In a study carried out to see the effect of smoking on PIH, it was seen that there was no variation in complications in both primiparous and multiparous women ⁽¹⁴⁾. Here there was no association between foetal outcomes and parity. Hence null hypothesis was accepted at P<0.05. But there was a strong association between maternal complications and parity. Hence null hypothesis was rejected at P<0.05. The rate of caesarian deliveries was higher in primiparous women. Two maternal deaths were seen in primiparous women. The other complications like asphyxia, IUGR and foetal distress were more prevalent in primiparous cases in present study.A study conducted to see the outcomes of PIH showed that there was no difference in caesarian rates in primiparous and multiparous women. ⁽¹⁵⁾ But perinatal death, foetal death on admission was seen mostly in multiparous and two foetal deaths were seen in primiparous cases during hospital stay. There was no difference in the means of APGAR scores of new born at 1st and 5th minute between primiparous and multiparous cases in the present study .The difference in mean weights of the neonates between primiparous and multiparous cases were also not very significant.Hence null hypothesis was accepted at P>0.05.Here preeclampsia was the most common type of PIH in the present study. Caesarian rate was higher in eclampsia. There was no much difference in foetal outcomes in different types of PIH. Caesarian is said to be the most common type of delivery in preeclampsia. Incidence of eclampsia was found to be 1.66% in a study conducted at Lagos State University Teaching Hospital ⁽¹⁶⁾. In the present study it was 5 times more than this. The rate of caesarian was 53.7% in women with eclampsia in previous study. In the present study it was found to be 52.2%. Maternal complications were more common in preeclampsic cases. Hence this data obtained is in agreement with previous study.

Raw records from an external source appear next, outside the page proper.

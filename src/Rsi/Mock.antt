-- ===== src/Rsi/Mock.antt =====
-- `RsiMockCore` (src/rsi_mock_core.cpp): the robot controller's side of the RSI channel, simulated, and
-- the window in which its server waits for a reply (`receiveReplyWindow` of src/rsi_mock_server.cpp).
mod Loop
mod Tests
use kuka_iiqka_ros.Prelude.{
  ℕ, ◌+◌, ◌-◌, ◌%◌, Bool, true, false, not, ◌&&◌, ◌||◌, ◌==◌, leb, List, [], ◌∷◌, length, Option,
  none, some, String, if◌then◌else◌,
}
use kuka_iiqka_ros.Prelude.Int.{ℤ, pos, negsuc}
use kuka_iiqka_ros.Double.{Double, nought, ◌⊕◌}
use kuka_iiqka_ros.Sfc.Types.{CartesianState}
use kuka_iiqka_ros.Xml.{Xml, ◌>>=◌, value_or}
use kuka_iiqka_ros.Rsi.Monitor.{u64}

pub record MockConfig (F : Type 0) : Type 0 where
  pub start : CartesianState F
  pub ipoc_start : ℕ
  pub ipoc_step : ℕ

pub record MockStats : Type 0 where
  pub frames_sent : ℕ
  pub replies_received : ℕ
  pub reply_timeouts : ℕ
  pub ipoc_echo_errors : ℕ
  pub parse_errors : ℕ
  pub last_stop : ℤ
  pub last_watchdog : ℕ

pub record Mock (F : Type 0) : Type 0 where
  pub pose : CartesianState F
  pub next_ipoc : ℕ
  pub ipoc_step : ℕ
  pub awaited_ipoc : ℕ
  pub awaiting : Bool
  pub stats : MockStats

-- `static_cast<std::uint64_t>`.
abbrev pub to_u64 : ℤ → ℕ
to_u64 (pos n) = u64 n
to_u64 (negsuc n) = 18446744073709551615 - u64 n

unfoldable pub constructed : {F : Type 0} → MockConfig F → Mock F
constructed cfg = record {
  pose = cfg.start;
  next_ipoc = cfg.ipoc_start;
  ipoc_step = cfg.ipoc_step;
  awaited_ipoc = 0;
  awaiting = false;
  stats = record {
    frames_sent = 0;
    replies_received = 0;
    reply_timeouts = 0;
    ipoc_echo_errors = 0;
    parse_errors = 0;
    last_stop = pos 0;
    last_watchdog = 0;
  };
}

unfoldable pub note_reply_timeout : {F : Type 0} → Mock F → Mock F
note_reply_timeout s = record s {
  stats = record (s.stats) { reply_timeouts = u64 (s.stats.reply_timeouts + 1) };
}

unfoldable pub set_pose : {F : Type 0} → Mock F → CartesianState F → Mock F
set_pose s pose = record s { pose = pose }

-- `print` is what `snprintf` prints of the pose and the IPOC.
unfoldable pub build_state_frame :
    {F : Type 0} → (CartesianState F → ℕ → List ℕ) → Mock F → ℕ → Mock F × Option (List ℕ)
build_state_frame print s size =
    let bytes = print s.pose s.next_ipoc in
    let n = length bytes in
    if n == 0 || leb size n then (s, none) else (
      record s {
        awaited_ipoc = s.next_ipoc;
        awaiting = true;
        next_ipoc = u64 (s.next_ipoc + s.ipoc_step);
        stats = record (s.stats) { frames_sent = u64 (s.stats.frames_sent + 1) };
      },
      some bytes,
    )

-- The parts of a reply that must be there: `Sen`, `RKorr` and the IPOC.
pub record Reply (E : Type 0) : Type 0 where
  pub sen : E
  pub rkorr : E
  pub echoed : ℕ

-- `int64` is `Int64Attribute` of tinyxml2.
module _ {E F : Type 0} ⦃d : Double F⦄ (xml : Xml E F) (int64 : E → String → Option ℤ) where
  unfoldable pub parse_reply : List ℕ → Option (Reply E)
  parse_reply bytes = do
    doc ← xml.parse bytes
    sen ← xml.first_child doc "Sen"
    rkorr ← xml.first_child sen "RKorr"
    ipoc ← xml.first_child sen "IPOC"
    ipoc_text ← xml.text ipoc
    echoed ← xml.scan_u64 ipoc_text
    some (record { sen = sen; rkorr = rkorr; echoed = echoed })

  -- The pose with the corrections of `RKorr`.
  unfoldable pub integrate : CartesianState F → E → CartesianState F
  integrate p rkorr = record {
    x = p.x ⊕ value_or nought (xml.double_attribute rkorr "X");
    y = p.y ⊕ value_or nought (xml.double_attribute rkorr "Y");
    z = p.z ⊕ value_or nought (xml.double_attribute rkorr "Z");
    a = p.a ⊕ value_or nought (xml.double_attribute rkorr "A");
    b = p.b ⊕ value_or nought (xml.double_attribute rkorr "B");
    c = p.c ⊕ value_or nought (xml.double_attribute rkorr "C");
  }

  last_stop_of : ℤ → Option E → ℤ
  last_stop_of last none = last
  last_stop_of last (some stop) = value_or (pos 0) (xml.int_attribute stop "S")

  last_watchdog_of : ℕ → Option E → ℕ
  last_watchdog_of last none = last
  last_watchdog_of last (some wd) = to_u64 (value_or (pos 0) (int64 wd "W"))

  -- A reply that was parsed, or not.
  unfoldable pub on_reply : Mock F → Option (Reply E) → Mock F × Bool
  unfolding last_stop_of last_watchdog_of
  on_reply s none = (
    record s { stats = record (s.stats) { parse_errors = u64 (s.stats.parse_errors + 1) } },
    false,
  )
  on_reply s (some r) =
      let received = record (s.stats) { replies_received = u64 (s.stats.replies_received + 1) } in
      if not s.awaiting || not (r.echoed == s.awaited_ipoc)
      then (
        record s {
          stats = record received { ipoc_echo_errors = u64 (s.stats.ipoc_echo_errors + 1) };
        },
        false,
      )
      else (
        record s {
          awaiting = false;
          pose = integrate s.pose r.rkorr;
          stats = record received {
            last_stop = last_stop_of s.stats.last_stop (xml.first_child r.sen "Stop");
            last_watchdog =
                last_watchdog_of s.stats.last_watchdog (xml.first_child r.sen "Watchdog");
          };
        },
        true,
      )

  unfoldable pub apply_reply : Mock F → List ℕ → Mock F × Bool
  apply_reply s bytes = on_reply s (parse_reply bytes)

  -- The datagrams that come in the window, up to the first that is applied.
  unfoldable pub drain : Mock F → List (List ℕ) → Mock F × Bool
  drain s [] = (s, false)
  drain s (bytes ∷ rest) =
      let (t, applied) = apply_reply s bytes in
      let later = drain t rest in if applied then (t, true) else later

  unfoldable pub receive_reply_window : Mock F → List (List ℕ) → Mock F × Bool
  receive_reply_window s [] = (note_reply_timeout s, false)
  receive_reply_window s (bytes ∷ rest) = drain s (bytes ∷ rest)
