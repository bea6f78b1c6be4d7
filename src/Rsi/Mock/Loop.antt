-- ===== src/Rsi/Mock/Loop.antt =====
-- The simulated controller in sequences of calls, and against the hardware interface.
use kuka_iiqka_ros.Prelude.{
  ℕ, ◌+◌, ◌≤◌, Bool, true, false, List, [], ◌∷◌, Option, none, some, String, if◌then◌else◌, ◌≡◌,
  arith, sym, ap, ◌∙◌, subst,
}
use kuka_iiqka_ros.Prelude.Int.{ℤ}
use kuka_iiqka_ros.Double.{Double}
use kuka_iiqka_ros.Sfc.Types.{CartesianState, CartesianCorrection}
use kuka_iiqka_ros.Xml.{Xml}
use kuka_iiqka_ros.Rsi.Frame.{RobFrame, SenFrame, parse_rob_frame}
use kuka_iiqka_ros.Rsi.Hardware.{RobotHw, set_command, read}
use kuka_iiqka_ros.Rsi.Hardware
use kuka_iiqka_ros.Rsi.Hardware.Cycle.{IsAnswer, Sends, reply-read_valid}
use kuka_iiqka_ros.Rsi.Mock.{
  Mock, Reply, build_state_frame, parse_reply, integrate, on_reply, apply_reply,
}

abbrev pub bit : Bool → ℕ
bit b = if b then 1 else 0

abbrev pub is_built : Option (List ℕ) → Bool
is_built none = false
is_built (some bytes) = true

-- A call of the simulated controller: a frame, for a buffer of the size, or bytes that it gets.
pub data Event : Type 0 where
  builds : ℕ → Event
  gets : List ℕ → Event

module _ {E F : Type 0} ⦃d : Double F⦄ (xml : Xml E F) (int64 : E → String → Option ℤ)
    (print : CartesianState F → ℕ → List ℕ) where
  -- The state after a call, whether a frame was built, and whether a reply was applied.
  unfoldable pub step : Mock F → Event → Mock F × Bool × Bool
  step s (builds size) = let (t, out) = build_state_frame print s size in (t, is_built out, false)
  step s (gets bytes) = let (t, applied) = apply_reply xml int64 s bytes in (t, false, applied)

  abbrev pub built : Mock F → List Event → ℕ
  built s [] = 0
  built s (e ∷ es) = bit (step s e).1 + built (step s e).0 es

  abbrev pub applied : Mock F → List Event → ℕ
  applied s [] = 0
  applied s (e ∷ es) = bit (step s e).2 + applied (step s e).0 es

  on_reply-bits :
      (s : Mock F) (o : Option (Reply E))
      → bit (on_reply xml int64 s o).1 + bit (on_reply xml int64 s o).0.awaiting ≤ bit s.awaiting
  unfolding on_reply
  on_reply-bits s none = ground arith
  on_reply-bits s (some r) = ground arith

  step-bits :
      (s : Mock F) (e : Event)
      → bit (step s e).2 + bit (step s e).0.awaiting ≤ bit (step s e).1 + bit s.awaiting
  unfolding step build_state_frame apply_reply
  step-bits s (builds size) = ground arith
  step-bits s (gets bytes) = omega (arith, on_reply-bits s (parse_reply xml int64 bytes))

  -- Whatever it gets, in whatever order, the simulated controller moves at most once for each frame
  -- that it built, and once more if it was waiting for a reply.
  applied-built : (s : Mock F) (es : List Event) → applied s es ≤ built s es + bit s.awaiting
  applied-built s [] = omega arith
  applied-built s (e ∷ es) = omega (arith, step-bits s e, applied-built (step s e).0 es)

  build-awaits :
      (s : Mock F) (size : ℕ) (bytes : List ℕ)
      → (build_state_frame print s size).1 ≡ some bytes
      → let t = (build_state_frame print s size).0 in
        (t.awaiting ≡ true)
        × (t.awaited_ipoc ≡ s.next_ipoc)
        × (t.pose ≡ s.pose)
        × (t.stats.ipoc_echo_errors ≡ s.stats.ipoc_echo_errors)
  unfolding build_state_frame
  build-awaits s size bytes e = ground arith

  on_reply-echo :
      (s : Mock F) (r : Reply E)
      → s.awaiting ≡ true
      → r.echoed ≡ s.awaited_ipoc
      → let (t, ok) = on_reply xml int64 s (some r) in
        (ok ≡ true)
        × (t.pose ≡ integrate xml int64 s.pose r.rkorr)
        × (t.stats.ipoc_echo_errors ≡ s.stats.ipoc_echo_errors)
  unfolding on_reply
  on_reply-echo s r on echo = ground arith

  -- The simulated controller and the hardware interface agree: where the interface reads the frame that
  -- the controller built, with its IPOC, and the controller reads the reply to it, with the IPOC that
  -- the interface wrote, the reply is applied: the pose moves by its corrections, and no echo error is
  -- counted.
  pub reply-applied :
      (deg_to_rad : F) (s : Mock F) (h : RobotHw F) (cmd : CartesianCorrection F) (byte : ℕ)
      (bytes answer : List ℕ) (f : RobFrame F) (sent : SenFrame F) (r : Reply E)
      → (build_state_frame print s 1024).1 ≡ some (byte ∷ bytes)
      → parse_rob_frame xml (byte ∷ bytes) ≡ some f
      → f.ipoc ≡ s.next_ipoc
      → (Hardware.reply (set_command (read xml deg_to_rad h (byte ∷ bytes)) cmd)).1 ≡ some sent
      → parse_reply xml int64 answer ≡ some r
      → r.echoed ≡ sent.ipoc
      → let (t, ok) = apply_reply xml int64 (build_state_frame print s 1024).0 answer in
        (ok ≡ true)
        × (t.pose ≡ integrate xml int64 s.pose r.rkorr)
        × (t.stats.ipoc_echo_errors ≡ s.stats.ipoc_echo_errors)
  unfolding apply_reply
  reply-applied deg_to_rad s h cmd byte bytes answer f sent r made got ipoc out back echoed =
      let b = (build_state_frame print s 1024).0 in
      let (awaits, awaited, pose, errors) = build-awaits s 1024 (byte ∷ bytes) made in
      let is_answer : IsAnswer h f sent =
        subst (Sends (IsAnswer h f)) out (reply-read_valid xml deg_to_rad h byte bytes cmd got).0 in
      let same : r.echoed ≡ b.awaited_ipoc = echoed ∙ is_answer.echo ∙ ipoc ∙ sym awaited in
      let (ok, moved, count) = on_reply-echo b r awaits same in
      rw back (ok, moved ∙ ap (λ p. integrate xml int64 p r.rkorr) pose, count ∙ errors)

It was seen that the infant complications were more prevalent in preeclampsia than other types of PIH. The still birth of foetus was more common in gestational hypertension and preeclamsia. The death rate of new born was also higher in preeclamsia. Many complications and fatal outcomes were reported in preeclampsic women in earlier studies also. The low birth weights and preterm births were higher in preclampsia in earlier studies ⁽¹¹⁾ . In the present study preeclampsic women were more prone to various complications as in previous studies ⁽¹⁷⁾. PIH may head to severe complications in later life. It is found to be associated with coronary heart disease in later stages of life in women with PIH. Hence necessary steps have to be taken to ensure proper diagnosis, care and treatment. This will ensure decrease in occurrence of PIH. The incidence of preeclampsia was 15% in previous studies ⁽¹⁸⁾. This is slightly lower when compared to incidence rate in present study. The rate ofmaternal mortality is high in developing countries due to poor socio economic condition. Improving standard of living might help to prevent these complications. PIH is the third most common cause of maternal death in developing countries. 68% of the total deaths due to hypertensive complications occur in South Asia. The prevalence of hypertension is 31.8% and 42.2% among males and females respectively ⁽¹⁹⁾. The maternal and foetal complications due to PIH, mortality and morbidity rates are lesser in developed countries due to appropriate care ⁽¹⁾ .The proper identification and management of PIH, regular maternal and foetal monitoring will help in reducing the maternal and foetal mortality and morbidity. ⁽¹²⁾

PIH is one of the leading causes of maternal, foetal mortality and morbidity. Hence there is a need for more researches and studies in this area. This study indicates that the prevalence of PIH is high in India. It has major effect on both mothers and new born. This study also recommends for a better maternal and foetal monitoring along with standard therapy as the lack of these have been reported to be the main cause of high prevalence. Hence this a study in this area would surely help in understanding the present situation of PIH in India. The higher rates of prevalence indicate the absence of standard antenatal and perinatal monitoring. Many government hospitals are providing treatment and medications free of cost. The prevalence of poor economic condition is higher in India. Hence cost constraints will not allow them to afford private hospitals. Hence they are devoid of a standard care and treatment. This case control comparative study gave an insight upon of maternal and foetal outcomes in PIH. The data generated in this study is in agreement with other studies. There are many studies conducted and being conducted in this area. This is one of the leading causes of maternal and foetal deaths in majority of the developing countries. The rate of PIH has reduced in developed countries due to proper precautionary measures taken during pregnancy. This study would help in understanding of loopholes in treatment, management strategy of PIH. This might also encourage others to conduct further studies in this aspect. This might provoke hospital administration and other authorities to take up necessary actions to prevent this raise in the incidence of PIH. Retrospective study was carried out due to time constraints. Non availability of adequate time is the limitation of this study. Other details of the patients like previous medical history and other complications present in women during pregnancy along with hypertension were not recorded in medical record for all cases.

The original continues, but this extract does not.